• _EXERCISE REQUIREMENTS_
Every line in the entries where "omega" is found should be copied.

[RECORDS SUPPLIED]

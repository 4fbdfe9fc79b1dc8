-- ===== src/Bytecode/Refine/Step.antt =====
-- The fetch, the pushes and the pops of bytecode-vm/vm.c, seen on `Machine`.
use mathlib.Core.Path.{subst}
use systems_programming_proj.Prelude.{
  ℕ, ◌+◌, ◌-◌, ◌≡◌, ◌≢◌, refl, ap, ◌∙◌, true, false, inl, inr, List, [], ◌∷◌, ◌++◌, arith, length,
  get_elem?, ◌==◌, Bool-cases, Option-cases,
}
use systems_programming_proj.Prelude.Int.{ℤ}
use systems_programming_proj.Bytecode.Vm.{
  Line, initialized, running_op, value, Vm, stack_overflow, stack_underflow, call_overflow,
  call_underflow, size, vm_push, vm_pop, vm_push_cs, vm_pop_cs, fetch,
}
use systems_programming_proj.Bytecode.Machine.{Machine, put, take_top, operand}
use systems_programming_proj.Bytecode.Refine.Stacks.{Holds, Holds-push, Holds-pop, Agree, oks, errs}

-- The values among the lines printed.
unfoldable pub values : List Line → List ℤ
values [] = []
values (value v ∷ ls) = v ∷ values ls
values (_ ∷ ls) = values ls

pub values-append : (ls ls' : List Line) → values (ls ++ ls') ≡ values ls ++ values ls'
unfolding values
values-append [] ls' = refl
values-append (value v ∷ ls) ls' = rw (values-append ls ls')
values-append (initialized ∷ ls) ls' = values-append ls ls'
values-append (running_op op ∷ ls) ls' = values-append ls ls'

pub record Views (program : List ℕ) (vm : Vm) (m : Machine) : Type 0 where
  pub code : vm.code ≡ program
  pub ip : vm.ip ≡ m.ip
  pub stack : Holds vm.stack vm.sp m.stack
  pub globals : vm.globals ≡ m.globals
  pub calls : Holds vm.cstack vm.csp m.calls
  pub running : vm.running ≡ m.running
  pub out : values vm.out ≡ m.out

module _ {program : List ℕ} {vm : Vm} {m : Machine} (v : Views program vm m) where
  abbrev pub Fetched : ℕ × Vm → ℕ → Type 0
  Fetched r b = (r.0 ≡ b) × Views program r.1 (record m { ip = m.ip + 1 })

  abbrev pub Popped : ℤ × Vm → ℤ × List ℤ → Type 0
  Popped r p = (r.0 ≡ p.0) × Views program r.1 (record m { stack = p.1 })

  abbrev pub PoppedCall : ℤ × Vm → ℤ × List ℤ → Type 0
  PoppedCall r p = (r.0 ≡ p.0) × Views program r.1 (record m { calls = p.1 })

  pub fetch-Agree : Agree Fetched (fetch vm) (operand program m.ip)
  unfolding fetch operand
  fetch-Agree =
      let here : get_elem? vm.code vm.ip ≡ get_elem? program m.ip = cc (v.code, v.ip) in
      elim (Option-cases (get_elem? program m.ip)) [
        | inl e ↦ rw (here ∙ e, fetch, e, operand) errs
        | inr (b, e) ↦
            rw (here ∙ e, fetch, e, operand)
              (oks (
                refl,
                record {
                  code = v.code;
                  ip = ap (λ k. k + 1) v.ip;
                  stack = v.stack;
                  globals = v.globals;
                  calls = v.calls;
                  running = v.running;
                  out = v.out;
                },
              ))
      ]

  pub push-Agree :
      (z : ℤ)
      → Agree
          (λ vm' xs. Views program vm' (record m { stack = xs }))
          (vm_push z vm)
          (put stack_overflow z m.stack)
  unfolding vm_push put
  push-Agree z = elim (Bool-cases (length m.stack == size)) [
    | inl e ↦ let full : (vm.sp == size) ≡ true = rw v.stack.count e in rw (full, e) errs
    | inr e ↦
        let free : (vm.sp == size) ≡ false = rw v.stack.count e in
        let fits : length m.stack ≢ size = ground arith in
        rw (free, e)
          (oks (record {
            code = v.code;
            ip = v.ip;
            stack = Holds-push z v.stack fits;
            globals = v.globals;
            calls = v.calls;
            running = v.running;
            out = v.out;
          }))
  ]

  pub push_cs-Agree :
      (z : ℤ)
      → Agree
          (λ vm' xs. Views program vm' (record m { calls = xs }))
          (vm_push_cs z vm)
          (put call_overflow z m.calls)
  unfolding vm_push_cs put
  push_cs-Agree z = elim (Bool-cases (length m.calls == size)) [
    | inl e ↦ let full : (vm.csp == size) ≡ true = rw v.calls.count e in rw (full, e) errs
    | inr e ↦
        let free : (vm.csp == size) ≡ false = rw v.calls.count e in
        let fits : length m.calls ≢ size = ground arith in
        rw (free, e)
          (oks (record {
            code = v.code;
            ip = v.ip;
            stack = v.stack;
            globals = v.globals;
            calls = Holds-push z v.calls fits;
            running = v.running;
            out = v.out;
          }))
  ]

  pop_from : (xs : List ℤ) → m.stack ≡ xs → Agree Popped (vm_pop vm) (take_top stack_underflow xs)
  unfolding vm_pop take_top
  pop_from [] e =
      let empty : (vm.sp == 0) ≡ true = ground (arith, v.stack.count, e) in rw empty errs
  pop_from (x ∷ xs) e =
      let h : Holds vm.stack vm.sp (x ∷ xs) = subst (Holds vm.stack vm.sp) e v.stack in
      let some_left : (vm.sp == 0) ≡ false = ground (arith, h.count) in
      let top : vm.sp - 1 ≡ length xs = omega (arith, h.count) in
      rw some_left (
        oks (
          rw top h.cells.0,
          record {
            code = v.code;
            ip = v.ip;
            stack = Holds-pop h;
            globals = v.globals;
            calls = v.calls;
            running = v.running;
            out = v.out;
          },
        ))

  pub pop-Agree : Agree Popped (vm_pop vm) (take_top stack_underflow m.stack)
  pop-Agree = pop_from m.stack refl

  pop_call_from :
      (xs : List ℤ) → m.calls ≡ xs → Agree PoppedCall (vm_pop_cs vm) (take_top call_underflow xs)
  unfolding vm_pop_cs take_top
  pop_call_from [] e =
      let empty : (vm.csp == 0) ≡ true = ground (arith, v.calls.count, e) in rw empty errs
  pop_call_from (x ∷ xs) e =
      let h : Holds vm.cstack vm.csp (x ∷ xs) = subst (Holds vm.cstack vm.csp) e v.calls in
      let some_left : (vm.csp == 0) ≡ false = ground (arith, h.count) in
      let top : vm.csp - 1 ≡ length xs = omega (arith, h.count) in
      rw some_left (
        oks (
          rw top h.cells.0,
          record {
            code = v.code;
            ip = v.ip;
            stack = v.stack;
            globals = v.globals;
            calls = Holds-pop h;
            running = v.running;
            out = v.out;
          },
        ))

  pub pop_cs-Agree : Agree PoppedCall (vm_pop_cs vm) (take_top call_underflow m.calls)
  pop_cs-Agree = pop_call_from m.calls refl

[/RECORDS SUPPLIED]

• _COMPLETED EXERCISE_
      let top : vm.sp - 1 ≡ length xs = omega (arith, h.count) in
      let top : vm.csp - 1 ≡ length xs = omega (arith, h.count) in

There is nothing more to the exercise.